-- ===== src/Rudp/Serve/Short.antt =====
-- RHandleServ.h: datagrams that are shorter than a packet.
use cprogramming.Prelude.{
  ℕ, zero, suc, ◌≡◌, ◌<◌, refl, ap, arith, Bool, true, none, some, List, [], ◌∷◌, length, overlay,
}
use cprogramming.Rudp.Process.{Files}
use cprogramming.Rudp.Serve.{
  RMsg, kept, rhdr_siz, insert_msg, fill_msg, update_msg, handle_msg, rhandle_port,
  rhandle_retransmit, put_at,
}

-- A first datagram that is shorter than a packet leaves the connection with a lock that nobody gives
-- back: rhandle_port returns true, but each later call for the port waits for ever, whatever the
-- datagram, and no round does anything about the connection.
pub rhandle_port_short :
    (fs : Files) (created : Bool) (bytes : List ℕ) (now : ℕ)
    → length bytes < rhdr_siz
    → (m : RMsg) × (rhandle_port fs created none bytes now ≡ some (m, true))
      × ((c : Bool) (more : List ℕ) (later : ℕ) → rhandle_port fs c (some m) more later ≡ none)
      × ((c : Bool) (later : ℕ) → rhandle_retransmit c later m ≡ m)
unfolding rhandle_port handle_msg insert_msg rhandle_retransmit
rhandle_port_short fs created bytes now short = (
  record (insert_msg bytes now) { lock = kept },
  ground arith,
  λ c more later. refl,
  λ c later. ground arith,
)

put_at_nothing : (n : ℕ) (array : List ℕ) → put_at n [] array ≡ array
put_at_nothing zero array = refl
put_at_nothing (suc n) [] = refl
put_at_nothing (suc n) (b ∷ array) = ap (λ r. b ∷ r) (put_at_nothing n array)

overlay_self : (array : List ℕ) → overlay array array ≡ array
overlay_self [] = refl
overlay_self (b ∷ array) = ap (λ r. b ∷ r) (overlay_self array)

fill_again :
    (m : RMsg) (bytes : List ℕ)
    → m.left ≡ 0
    → m.written ≡ rhdr_siz
    → length m.buf ≡ rhdr_siz
    → length bytes < rhdr_siz
    → fill_msg m bytes ≡ fill_msg m m.buf
unfolding fill_msg
fill_again m bytes done whole size short =
    ground (arith, put_at_nothing m.written m.buf, overlay_self m.buf)

-- Once a whole packet has come on a connection, a datagram that is shorter than a packet has the same
-- effect as that packet, if it came again: the bytes of the datagram are nowhere read.
pub rhandle_port_again :
    (fs : Files) (created : Bool) (m : RMsg) (bytes : List ℕ) (now : ℕ)
    → m.left ≡ 0
    → m.written ≡ rhdr_siz
    → length m.buf ≡ rhdr_siz
    → length bytes < rhdr_siz
    → rhandle_port fs created (some m) bytes now ≡ rhandle_port fs created (some m) m.buf now
unfolding rhandle_port update_msg
rhandle_port_again fs created m bytes now done whole size short =
    rw (fill_again m bytes done whole size short)
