-- ===== src/Rudp/Tests.antt =====
-- The theorems at concrete headers and connections, over a directory with one file.
use cprogramming.Prelude.{
  ℕ, ◌+◌, ◌*◌, ◌≡◌, ◌≢◌, refl, arith, Bool, true, false, Option, none, some, List, [], ◌∷◌, take,
  drop, replicate,
}
use cprogramming.Rudp.Hdr.{
  RHdr, computer_chksum, carry_around_add, computer_loop, rhdr_computer_internal,
  rhdr_computer_chksum, valid_chksum, flag_validate, flag_check, flag_confirm, flag_set, flag_unset,
  encrypt, decrypt, compute_crypt, powr, powr_loop,
}
use cprogramming.Rudp.Hdr.Crypt.{decrypt-encrypt}
use cprogramming.Rudp.Hdr.Sum.{valid_chksum-pair}
use cprogramming.Rudp.Process.{
  Files, FilesLaws, rprocess_request, process_last, process_converted, answer_chksum,
  answer_numbers, answer_flags, flags_after, serve_get, get_from, append_packet, data_packet,
  snd_pkt, ret_pkt, with_chksum, invalid_nak, convert_bytes,
}
use cprogramming.Rudp.Serve.{
  RMsg, free, sending, rhdr_siz, insert_msg, rhandle_port, rhandle_retransmit, csock_send,
  new_state, handle_msg, hdr_of, after_answer,
}
use cprogramming.Rudp.Serve.Runs.{Reach, first, Sends, csock_send_lem}
use cprogramming.Rudp.Serve.Short.{rhandle_port_short, rhandle_port_again}
use cprogramming.Rudp.Queue.{RState, rstate_init, rhead_append, rhead_peak, rhdr_init, empty_buf}
use cprogramming.Rudp.Client.{Client, start}
use cprogramming.Rudp.Client.Transfer.{exchanges, over, pages}
use cprogramming.Rudp.Client.Whole.{joined, exchanges_lem}

abbrev hello : List ℕ
hello = b'h' ∷ b'e' ∷ b'l' ∷ b'l' ∷ b'o' ∷ 0 ∷ []

hello_crypt : encrypt hello ≢ hello
unfolding encrypt rhdr_computer_internal computer_loop compute_crypt powr powr_loop
hello_crypt = λ e. cc

decrypt-encrypt_example : decrypt (encrypt hello) ≡ hello
decrypt-encrypt_example = decrypt-encrypt hello (omega arith)

-- The header of `hello`, with its check sum
abbrev summed : List ℕ → RHdr
summed msg = record {
  seqn = 1;
  ackn = 0;
  chks = rhdr_computer_chksum hello;
  flgv = 0x2402;
  msg = msg;
}

hello_valid : valid_chksum (summed hello) ≡ true
unfolding valid_chksum rhdr_computer_chksum rhdr_computer_internal computer_loop computer_chksum
    carry_around_add flag_validate
hello_valid = refl

valid_chksum-pair_example : (◌≡◌ {A = ℕ} b'l' b'l') × (◌≡◌ {A = ℕ} b'l' b'l')
valid_chksum-pair_example =
    valid_chksum-pair (summed hello) (b'h' ∷ b'e' ∷ []) (b'o' ∷ 0 ∷ []) b'l' b'l' b'l' b'l'
      (omega arith) (omega arith) (omega arith) (omega arith) hello_valid hello_valid

-- One file, whatever its name; a file that is open is what is left of it.
abbrev one_file : List ℕ → Files
one_file content = record {
  File = List ℕ;
  stat = λ name. true;
  fopen = λ name. some content;
  fseek = λ f n. drop n f;
  feof = λ f. false;
  fread = λ f n. take n f;
  ntohs = λ n. n;
  htons = λ n. n;
  word = λ a b. a + 256 * b;
}

some_value : {A : Type 0} {a b : A} → some a ≡ some b → b ≡ a
some_value e = cc

abbrev one_file_laws : (content : List ℕ) → FilesLaws (one_file content)
one_file_laws content = record {
  contents = λ f. f;
  fread-fopen = λ name f n e. refl;
  fread-fseek = λ f k n. refl;
  feof-fseek = λ f k. refl;
  ntohs-htons = λ n. refl;
}

abbrev short : List ℕ
short = 1 ∷ 0 ∷ []

rhandle_port_short_example :
    (m : RMsg) × (rhandle_port (one_file hello) true none short 7 ≡ some (m, true))
    × ((c : Bool) (more : List ℕ) (later : ℕ)
        → rhandle_port (one_file hello) c (some m) more later ≡ none)
    × ((c : Bool) (later : ℕ) → rhandle_retransmit c later m ≡ m)
rhandle_port_short_example = rhandle_port_short (one_file hello) true short 7 (omega arith)

-- A request for the file: GET and the version, in a whole packet
abbrev get_bytes : List ℕ
get_bytes = 1 ∷ 0 ∷ 0 ∷ 0 ∷ 0 ∷ 0 ∷ 2 ∷ 0x20 ∷ replicate 1464 0

abbrev asked : RMsg
asked = (handle_msg (one_file hello) true 0 (insert_msg get_bytes 7)).0

asked-Reach : Reach (one_file hello) (one_file_laws hello) asked
unfolding rhandle_port
asked-Reach =
    first true get_bytes 7 {r = (handle_msg (one_file hello) true 0 (insert_msg get_bytes 7)).1}
      refl

asked_sending : asked.lock ≡ sending
unfolding handle_msg insert_msg hdr_of rprocess_request process_last process_converted answer_chksum
    answer_numbers answer_flags flags_after serve_get get_from append_packet data_packet snd_pkt
    ret_pkt with_chksum invalid_nak flag_validate flag_check flag_confirm flag_set flag_unset
    convert_bytes new_state rstate_init rhead_append rhead_peak rhdr_init after_answer empty_buf
asked_sending = refl

csock_send_lem_example :
    (m' : RMsg) × (out : Option RHdr) × (csock_send (one_file hello) asked ≡ some (m', out))
    × Sends (one_file hello) (one_file_laws hello) asked out
csock_send_lem_example =
    csock_send_lem (one_file hello) (one_file_laws hello) asked asked-Reach asked_sending

-- A connection after a whole packet
abbrev after_packet : RMsg
after_packet = record {
  buf = get_bytes;
  written = rhdr_siz;
  left = 0;
  his_stamp = 7;
  mys_stamp = 7;
  state = new_state;
  lock = free;
  ona = true;
  clr = false;
  msg_pr = 1;
  bad_pr = 0;
}

rhandle_port_again_example :
    rhandle_port (one_file hello) true (some after_packet) short 9
    ≡ rhandle_port (one_file hello) true (some after_packet) get_bytes 9
rhandle_port_again_example =
    rhandle_port_again (one_file hello) true after_packet short 9 refl refl refl (omega arith)

-- A file of two packets
abbrev two_pages : List ℕ
two_pages = replicate 2000 b'a'

exchanges_lem_example :
    (c : Client) × (s : RState) × (exchanges
        (one_file two_pages)
        4
        (start false false hello)
        new_state
      ≡ over c s)
    × (c.req ≡ empty_buf ∷ pages two_pages 2)
    × (joined two_pages 2 ≡ two_pages)
exchanges_lem_example =
    exchanges_lem (one_file two_pages) (one_file_laws two_pages) hello two_pages refl refl
      (omega arith)
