-- ===== src/Sudoku/Board.antt =====
-- Boards, and the one that solve.c writes, cell by cell, into a board of nine lines.
use cprogramming.Prelude.{List, [], ◌∷◌, ℤ, pos}

abbrev pub Line : Type 0
Line = List ℤ

abbrev pub Sudoku : Type 0
Sudoku = List Line

abbrev pub solved : Sudoku
solved =
    (pos 8 ∷ pos 6 ∷ pos 1 ∷ pos 7 ∷ pos 9 ∷ pos 4 ∷ pos 3 ∷ pos 5 ∷ pos 2 ∷ [])
    ∷ (pos 3 ∷ pos 5 ∷ pos 2 ∷ pos 1 ∷ pos 6 ∷ pos 8 ∷ pos 7 ∷ pos 4 ∷ pos 9 ∷ [])
    ∷ (pos 4 ∷ pos 9 ∷ pos 7 ∷ pos 2 ∷ pos 5 ∷ pos 3 ∷ pos 1 ∷ pos 8 ∷ pos 6 ∷ [])
    ∷ (pos 2 ∷ pos 1 ∷ pos 8 ∷ pos 9 ∷ pos 7 ∷ pos 5 ∷ pos 6 ∷ pos 3 ∷ pos 4 ∷ [])
    ∷ (pos 6 ∷ pos 7 ∷ pos 5 ∷ pos 3 ∷ pos 4 ∷ pos 1 ∷ pos 9 ∷ pos 2 ∷ pos 8 ∷ [])
    ∷ (pos 9 ∷ pos 3 ∷ pos 4 ∷ pos 6 ∷ pos 8 ∷ pos 2 ∷ pos 5 ∷ pos 1 ∷ pos 7 ∷ [])
    ∷ (pos 5 ∷ pos 2 ∷ pos 6 ∷ pos 8 ∷ pos 1 ∷ pos 9 ∷ pos 4 ∷ pos 7 ∷ pos 3 ∷ [])
    ∷ (pos 7 ∷ pos 4 ∷ pos 3 ∷ pos 5 ∷ pos 2 ∷ pos 6 ∷ pos 8 ∷ pos 9 ∷ pos 1 ∷ [])
    ∷ (pos 1 ∷ pos 8 ∷ pos 9 ∷ pos 4 ∷ pos 3 ∷ pos 7 ∷ pos 2 ∷ pos 6 ∷ pos 5 ∷ [])
    ∷ []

*The task*:
All lines from the line containing "-- Boards, and" through the end of the listing above are to be duplicated exactly; include both ends and nothing further.

*Answer box*:
-- Boards, and the one that solve.c writes, cell by cell, into a board of nine lines.
use cprogramming.Prelude.{List, [], ◌∷◌, ℤ, pos}

abbrev pub Line : Type 0
Line = List ℤ

abbrev pub Sudoku : Type 0
Sudoku = List Line

abbrev pub solved : Sudoku
solved =
    (pos 8 ∷ pos 6 ∷ pos 1 ∷ pos 7 ∷ pos 9 ∷ pos 4 ∷ pos 3 ∷ pos 5 ∷ pos 2 ∷ [])
    ∷ (pos 3 ∷ pos 5 ∷ pos 2 ∷ pos 1 ∷ pos 6 ∷ pos 8 ∷ pos 7 ∷ pos 4 ∷ pos 9 ∷ [])
    ∷ (pos 4 ∷ pos 9 ∷ pos 7 ∷ pos 2 ∷ pos 5 ∷ pos 3 ∷ pos 1 ∷ pos 8 ∷ pos 6 ∷ [])
    ∷ (pos 2 ∷ pos 1 ∷ pos 8 ∷ pos 9 ∷ pos 7 ∷ pos 5 ∷ pos 6 ∷ pos 3 ∷ pos 4 ∷ [])
    ∷ (pos 6 ∷ pos 7 ∷ pos 5 ∷ pos 3 ∷ pos 4 ∷ pos 1 ∷ pos 9 ∷ pos 2 ∷ pos 8 ∷ [])
    ∷ (pos 9 ∷ pos 3 ∷ pos 4 ∷ pos 6 ∷ pos 8 ∷ pos 2 ∷ pos 5 ∷ pos 1 ∷ pos 7 ∷ [])
    ∷ (pos 5 ∷ pos 2 ∷ pos 6 ∷ pos 8 ∷ pos 1 ∷ pos 9 ∷ pos 4 ∷ pos 7 ∷ pos 3 ∷ [])
    ∷ (pos 7 ∷ pos 4 ∷ pos 3 ∷ pos 5 ∷ pos 2 ∷ pos 6 ∷ pos 8 ∷ pos 9 ∷ pos 1 ∷ [])
    ∷ (pos 1 ∷ pos 8 ∷ pos 9 ∷ pos 4 ∷ pos 3 ∷ pos 7 ∷ pos 2 ∷ pos 6 ∷ pos 5 ∷ [])
    ∷ []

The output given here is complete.